> _Task description_
Across the records, count every line that includes "back" and give the number by itself.

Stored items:
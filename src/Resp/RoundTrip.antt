-- ===== src/Resp/RoundTrip.antt =====
-- Resp.antt: commands that `encode_request` writes are read back.
use ultra_net.Prelude.{
  ℕ, suc, ◌-◌, ◌≤◌, ◌≡◌, List, [], ◌∷◌, ◌++◌, arith, length, length-append, Bytes, append_assoc,
  append-nil, All, take-append_self, drop-append_self,
}
use ultra_net.Prelude.Decimal.{to_string, max_i64}
use ultra_net.Resp.{
  returns, cr, lf, crlf, encode_bulk, encode_args, encode_request, parse_args, parse_request,
}
use ultra_net.Resp.Lines.{number_line-to_string, bulk_header-to_string}

-- The lengths of the arguments fit an int64_t.
abbrev pub AreShort : List Bytes → Type 0
AreShort = All (λ arg. length arg ≤ max_i64)

bulk_front :
    (arg s : Bytes)
    → encode_bulk arg ++ s ≡ b'$' ∷ (to_string (length arg) ++ cr ∷ lf ∷ (arg ++ cr ∷ lf ∷ s))
unfolding encode_bulk
bulk_front arg s = simp append_assoc

after_header :
    (len n : ℕ) (arg s : Bytes) (done : List Bytes)
    → length arg ≤ max_i64
    → parse_args len
        (suc n)
        (b'$' ∷ (to_string (length arg) ++ cr ∷ lf ∷ (arg ++ cr ∷ lf ∷ s)))
        done
      ≡ parse_args len n s (done ++ arg ∷ [])
unfolding parse_args crlf
after_header len n arg s done fits = ground (
  arith,
  bulk_header-to_string (length arg) (arg ++ cr ∷ lf ∷ s) fits,
  take-append_self arg (cr ∷ lf ∷ s),
  drop-append_self arg (cr ∷ lf ∷ s),
  length-append arg (cr ∷ lf ∷ s),
)

parse_args-encode_args :
    (len : ℕ) (args : List Bytes) (s : Bytes) (done : List Bytes)
    → AreShort args
    → parse_args len (length args) (encode_args args ++ s) done
      ≡ returns (record { args = done ++ args; consumed = len - length s })
unfolding encode_args
parse_args-encode_args len [] s done short = unfold parse_args in rw append-nil
parse_args-encode_args len (arg ∷ args) s done (fits, short) = rw (
  append_assoc,
  bulk_front,
  after_header len (length args) arg _ done fits,
  parse_args-encode_args len args s (done ++ arg ∷ []) short,
  append_assoc,
)

length-encode_request :
    (args : List Bytes) (s : Bytes)
    → length (b'*' ∷ (to_string (length args) ++ cr ∷ lf ∷ (encode_args args ++ s))) - length s
      ≡ length (encode_request args)
unfolding encode_request
length-encode_request args s = grind (arith, length-append, append_assoc)

-- The parser reads back the arguments of an encoded command, whatever bytes they hold and whatever
-- comes behind it, and consumes exactly the encoded command.
pub parse_request-encode_request :
    (args : List Bytes) (s : Bytes)
    → length args ≤ max_i64
    → AreShort args
    → parse_request (encode_request args ++ s)
      ≡ returns (record { args = args; consumed = length (encode_request args) })
unfolding parse_request encode_request
parse_request-encode_request args s few short = rw append_assoc (
    ground (
      arith,
      number_line-to_string (length args) (encode_args args ++ s) few,
      parse_args-encode_args
          (suc (length (to_string (length args) ++ cr ∷ lf ∷ (encode_args args ++ s)))) args s []
          short,
      length-encode_request args s,
    ))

> _Answer box_
2